27496
Understanding at-Risk Infants: Heterogeneity in Child and Parental Characteristics in a Sample Referred to Early Intervention Research

Poster Presentation
Friday, May 11, 2018: 11:30 AM-1:30 PM
Hall Grote Zaal (de Doelen ICC Rotterdam)
A. Gulsrud1, J. R. Williams2, L. Hughart3, N. Tu4, A. M. Herrera5 and C. Kasari3, (1)UCLA Semel Institute for Neuroscience & Human Behavior, Los Angeles, CA, (2)Biostatistics, UCLA, Los Angeles, CA, (3)University of California, Los Angeles, Los Angeles, CA, (4)UCLA Semel Institute, Los Angeles, CA, (5)Semel Institute, UCLA, Los Angeles, CA
Background: Autism Spectrum Disorder (ASD) can be reliably diagnosed in children as young as two years of age, but behavioral signs of autism can be detected in children as young as 12 months of age. Growing awareness of the disorder and its earliest signs has led to an increased number of referrals for intervention in younger and younger populations and a need to better understand heterogeneity in child and parent factors at the outset of treatment.

Objectives: The goal of this study is to characterize a sample of young children at-risk for ASD referred for an early intervention study by 1) establishing subgroups of children defined by sibling status, 2) exploring the relationship between these established subgroups and measures of social-communication, RRBs, cognitive and language functioning and parental stress, and 3) examining how levels of autism symptomatology relate to parental stress by subgroup.

Methods: A total of 105 at-risk toddlers, 12 to 22 months old, were referred and screened for entry into a clinical trial. 80 of these at-risk toddlers qualified for entry into the trial by scoring with at least mild to moderate concern on the ADOS Toddler module. This population was broken down into three groups: toddlers with no siblings (41%), toddlers with siblings without autism (29%), and toddlers with at least one sibling with autism (30%). These subgroups will be referred to as: No Siblings, No Siblings with ASD, and Infant Siblings, respectively. There was no significant difference in rate of qualification into the study based on sibling status,, p=0.40, although fewer children who were Infant Siblings qualified compared to No Siblings with ASD and No Siblings (71% vs. 85% and 75%). The children were predominately male (81%) and White (47%) with an average age of 17.68 months and standard deviation of 3.10 months.

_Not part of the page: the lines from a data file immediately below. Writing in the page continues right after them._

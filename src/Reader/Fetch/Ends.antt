-- ===== src/Reader/Fetch/Ends.antt =====
-- log_reader_fetch_log of src/logreader.c ends: no dispatch reads for ever.
use indigo.Prelude.{
  ℕ, zero, suc, ◌+◌, ◌-◌, ◌*◌, ◌≤◌, ◌<◌, ◌≡◌, ◌⊎◌, inl, inr, refl, ◌∙◌, Bool, true, false, not,
  ◌||◌, Option, none, some, List, [], ◌∷◌, ◌++◌, arith, ltb, length, length-append, is_empty,
  Bool-cases, if◌then◌else◌,
}
use indigo.Reader.{
  LogReaderOptions, LogReader, Pipe, Iterated, takes_all, iterate_all, iterate_lines,
  log_reader_iterate_buf,
}
use indigo.Reader.Bounds.{log_reader_iterate_buf-IsBounded}
use indigo.Reader.Fetch.{
  ReadResult, bytes, again, failed, Fetched, Round, finish, go_on, fetched, is_eof, is_short, room,
  take_in, after_read, fetch_loop, enough_fuel, log_reader_fetch_log,
}

-- read(2) and recvfrom(2) give no more bytes than they are asked for.
abbrev pub ReadBound : {A R : Type 0} → (R → ℕ → ReadResult A × R) → Type 0
ReadBound {A} {R} read =
    (r : R) (n : ℕ) (bs : List ℕ) (sa : Option A) → (read r n).0 ≡ bytes bs sa → length bs ≤ n

-- A reader that log_reader_new and its callers set up, unpadded: a followed file is read once in
-- a dispatch (LR_NOMREAD).
pub record IsReady {A : Type 0} (o : LogReaderOptions) (s : LogReader A) : Type 0 where
  pub unpadded : o.padding ≡ 0
  pub follows_once : (s.nomread ≡ true) ⊎ (s.follow ≡ false)
  pub in_buffer : length s.buffer ≤ o.msg_size

not_eof :
    {A : Type 0} (s : LogReader A) (bs : List ℕ)
    → s.follow ≡ false
    → is_eof s bs ≡ false
    → (s.pktterm ≡ true) ⊎ (0 < length bs)
not_eof s [] f e = inl (ground arith)
not_eof s (b ∷ bs) f e = inr (omega arith)

follows : {P : Type 0} (b : Bool) → b ≡ false → (b ≡ true) ⊎ P → P
follows true e h = absurd (ground arith)
follows false e (inl h) = absurd (ground arith)
follows false e (inr p) = p

room_unpadded :
    {A : Type 0} (o : LogReaderOptions) (s : LogReader A)
    → o.padding ≡ 0
    → room o s ≡ o.msg_size - length s.buffer
room_unpadded o s e = ground arith

either :
    {X : Type 0} (b : Bool) {x y : Option X}
    → (v : X) × (x ≡ some v)
    → (v : X) × (y ≡ some v)
    → (v : X) × ((let z : Option X = elim b [ true ↦ x | false ↦ y ] in z) ≡ some v)
either true h k = h
either false h k = k

module _ {A W : Type 0} (pipe : Pipe A W) (o : LogReaderOptions) where
  iterate-flags :
      (s : LogReader A) (sa : Option A) (flush : Bool) (msg_count : ℕ) (w : W)
      → let r = log_reader_iterate_buf pipe o s sa flush msg_count w in
        (r.reader.nomread ≡ s.nomread) × (r.reader.follow ≡ s.follow)
  unfolding log_reader_iterate_buf iterate_all iterate_lines
  iterate-flags s sa flush msg_count w = elim (Bool-cases (takes_all pipe o s flush)) [
    | inl e ↦ rw e (refl, refl)
    | inr e ↦ rw e (refl, refl)
  ]

  iterate-pktterm :
      (s : LogReader A) (sa : Option A) (flush : Bool) (msg_count : ℕ) (w : W)
      → s.pktterm ≡ true
      → (log_reader_iterate_buf pipe o s sa flush msg_count w).msg_count ≡ msg_count + 1
  unfolding log_reader_iterate_buf takes_all iterate_all
  iterate-pktterm s sa flush msg_count w e = ground arith

  -- what is left to do, in rounds
  abbrev pub measure : ℕ → ℕ → ℕ
  measure msg_count len = (o.fetch_limit - msg_count) * suc o.msg_size + (o.msg_size - len)

  measure_count : (m n k l : ℕ) → m < o.fetch_limit → m < n → measure n k < measure m l
  measure_count m n k l a b = grind arith

  measure_len : (m k l : ℕ) → l < k → k ≤ o.msg_size → measure m k < measure m l
  measure_len m k l a b = omega arith

  measure_enough : (m l : ℕ) → measure m l < enough_fuel o
  measure_enough m l = grind arith

  -- the state of the next round, nearer to the end
  record Onward (s : LogReader A) (msg_count : ℕ) (i : Iterated pipe o) : Type 0 where
    nearer : measure i.msg_count (length i.reader.buffer) < measure msg_count (length s.buffer)
    ready : IsReady o i.reader

  Goes : {R : Type 0} → LogReader A → ℕ → Round pipe o R → Type 0
  Goes s msg_count (finish x) = Unit
  Goes s msg_count (go_on i r) = Onward s msg_count i

  take_in-Onward :
      (s : LogReader A) (bs : List ℕ) (sa : Option A) (msg_count : ℕ) (w : W)
      → IsReady o s
      → 0 < o.msg_size
      → msg_count < o.fetch_limit
      → length bs ≤ o.msg_size - length s.buffer
      → (s.pktterm ≡ true) ⊎ (0 < length bs)
      → Onward s msg_count (take_in pipe o s bs sa msg_count w)
  take_in-Onward s bs sa msg_count w h p lt le some_bytes =
      let s' : LogReader A = record s { buffer = s.buffer ++ bs } in
      let r = take_in pipe o s bs sa msg_count w in
      let len = length-append s.buffer bs in
      let full = h.in_buffer in
      let fit : length (s.buffer ++ bs) ≤ o.msg_size = omega arith in
      let b = log_reader_iterate_buf-IsBounded pipe o s' sa false msg_count w p fit in
      let (n, f) = iterate-flags s' sa false msg_count w in
      record {
        nearer = elim b.counted [
          | inl more ↦
              measure_count msg_count r.msg_count (length r.reader.buffer) (length s.buffer) lt more
          | inr (same, buf, x) ↦ elim some_bytes [
            | inl pkt ↦ absurd (omega (arith, iterate-pktterm s' sa false msg_count w pkt))
            | inr pos ↦
                rw (same, buf)
                  (measure_len msg_count (length (s.buffer ++ bs)) (length s.buffer) (omega arith)
                    fit)
          ]
        ];
        ready = record {
          unpadded = h.unpadded;
          follows_once = elim h.follows_once [ inl e ↦ inl (n ∙ e) | inr e ↦ inr (f ∙ e) ];
          in_buffer = (let sh = b.shrinks in omega arith);
        };
      }

  Goes-if :
      {R : Type 0} (s : LogReader A) (msg_count : ℕ) (b : Bool) (x : Fetched A W R)
      (q : Round pipe o R)
      → (b ≡ false → Goes s msg_count q)
      → Goes s msg_count (if b then finish x else q)
  unfolding Goes
  Goes-if s msg_count true x q h = tt
  Goes-if s msg_count false x q h = h refl

  module _ {R : Type 0} (read : R → ℕ → ReadResult A × R) where
    after_read-Goes :
        (s : LogReader A) (msg_count : ℕ) (w : W) (r : R) (rc : ReadResult A)
        → IsReady o s
        → 0 < o.msg_size
        → msg_count < o.fetch_limit
        → ((bs : List ℕ) (sa : Option A)
            → rc ≡ bytes bs sa
            → length bs ≤ o.msg_size - length s.buffer)
        → Goes s msg_count (after_read pipe o read s msg_count w r rc)
    unfolding after_read Goes
    after_read-Goes s msg_count w r again h p lt le = tt
    after_read-Goes s msg_count w r failed h p lt le = tt
    after_read-Goes s msg_count w r (bytes bs sa) h p lt le =
        Goes-if s msg_count (is_eof s bs) _ _ λ e. Goes-if s msg_count (is_short o bs) _ _ λ _.
          Goes-if s msg_count s.nomread _ _ λ more.
            take_in-Onward s bs sa msg_count w h p lt (le bs sa refl)
              (not_eof s bs (follows s.nomread more h.follows_once) e)

    -- a round that is not the last one hands its state on
    resume_total :
        (s : LogReader A) (msg_count : ℕ) (k : Iterated pipe o → R → Option (Fetched A W R))
        (q : Round pipe o R)
        → Goes s msg_count q
        → ((i : Iterated pipe o) (r : R)
            → Onward s msg_count i
            → (x : Fetched A W R) × (k i r ≡ some x))
        → (x : Fetched A W R) × ((let y : Option (Fetched A W R) = elim q [
          | finish x ↦ some x
          | go_on i r ↦ k i r
        ] in
              y)
            ≡ some x)
    unfolding Goes
    resume_total s msg_count k (finish x) g h = (x, refl)
    resume_total s msg_count k (go_on i r) g h = h i r g

    fetch_loop_total :
        ReadBound read
        → 0 < o.msg_size
        → (fuel : ℕ) (s : LogReader A) (msg_count : ℕ) (w : W) (r : R) → IsReady o s
        → measure msg_count (length s.buffer) < fuel
        → (x : Fetched A W R) × (fetch_loop pipe o read fuel s msg_count w r ≡ some x)
    unfolding fetch_loop
    fetch_loop_total rb p zero s msg_count w r h m = absurd (omega arith)
    fetch_loop_total rb p (suc fuel) s msg_count w r h m =
        elim (Bool-cases (ltb msg_count o.fetch_limit)) [
          | inr e ↦ (fetched pipe o read s w r, rw (e, fetch_loop))
          | inl e ↦
              let asked = room_unpadded o s h.unpadded in
              let lt : msg_count < o.fetch_limit = ground arith in
              rw (e, fetch_loop)
                (resume_total s msg_count
                  (λ i r'. fetch_loop pipe o read fuel i.reader i.msg_count i.world r')
                  (after_read pipe o read s msg_count w (read r (room o s)).1 (read r (room o s)).0)
                  (after_read-Goes s msg_count w (read r (room o s)).1 (read r (room o s)).0 h p lt
                    (λ bs sa b. rw asked at (rb r (room o s) bs sa b)))
                  (λ i r' on.
                    let near = on.nearer in
                    fetch_loop_total rb p fuel i.reader i.msg_count i.world r' on.ready
                      (omega arith)))
        ]

    -- log_reader_fetch_log returns, with its fuel, for a descriptor that gives no more bytes than
    -- it is asked for, if `msg_size` is not 0 and the reader is unpadded, has no more than
    -- `msg_size` bytes in its buffer, and either reads once in a dispatch or does not follow.
    pub log_reader_fetch_log_total :
        ReadBound read
        → 0 < o.msg_size
        → (s : LogReader A) (w : W) (r : R) → IsReady o s
        → (x : Fetched A W R) × (log_reader_fetch_log pipe o read s w r ≡ some x)
    unfolding log_reader_fetch_log
    log_reader_fetch_log_total rb p s w r h =
        let i = log_reader_iterate_buf pipe o s none false 0 w in
        let (n, f) = iterate-flags s none false 0 w in
        let b = log_reader_iterate_buf-IsBounded pipe o s none false 0 w p h.in_buffer in
        let ready : IsReady o i.reader = record {
          unpadded = h.unpadded;
          follows_once = elim h.follows_once [ inl e ↦ inl (n ∙ e) | inr e ↦ inr (f ∙ e) ];
          in_buffer = (let sh = b.shrinks in let fit = h.in_buffer in omega arith);
        } in
        either s.complete_line
          (either (not (is_empty i.reader.buffer) || s.nomread)
            (fetched pipe o read i.reader i.world r, refl)
            (fetch_loop_total rb p (enough_fuel o) i.reader i.msg_count i.world r ready
              (measure_enough i.msg_count (length i.reader.buffer))))
          (fetch_loop_total rb p (enough_fuel o) s 0 w r h (measure_enough 0 (length s.buffer)))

Results: On average, Infant Siblings presented with lower average levels of restricted and repetitive behaviors compared to No Siblings and No Siblings with ASD (2.46 vs. 2.70 and 3.65; F(2,77) = 4.42, p = 0.02). Infant Siblings also had statistically higher average expressive language age equivalence (12.23 months) compared to No Siblings (10.28 months) and No Siblings with ASD (8.48 months; F(2,72) = 4.33, p = 0.02). Conversely, parents of Infant Siblings reported statistically higher levels of stress on a parental daily hassle questionnaire (52%) compared to parents of No Sibling children (39%) and parents of No Sibling with ASD children (44%; F (2,49) = 3.37, p= 0.04). A positive correlation between ASD symptomatology and parental stress existed for the Infant Sibling group (r=0.28), but no other subgroup showed this association.

Conclusions: This study provides preliminary evidence for child and parent differences in subgroups of young children referred to an early intervention study. Prior to entering into treatment, Infant siblings displayed less RRBs and higher expressive language, yet still had parents with the highest levels of reported stress. Understanding variability in symptom profile and familial factors at the outset of treatment has the potential to assist in determining more tailored intervention approaches.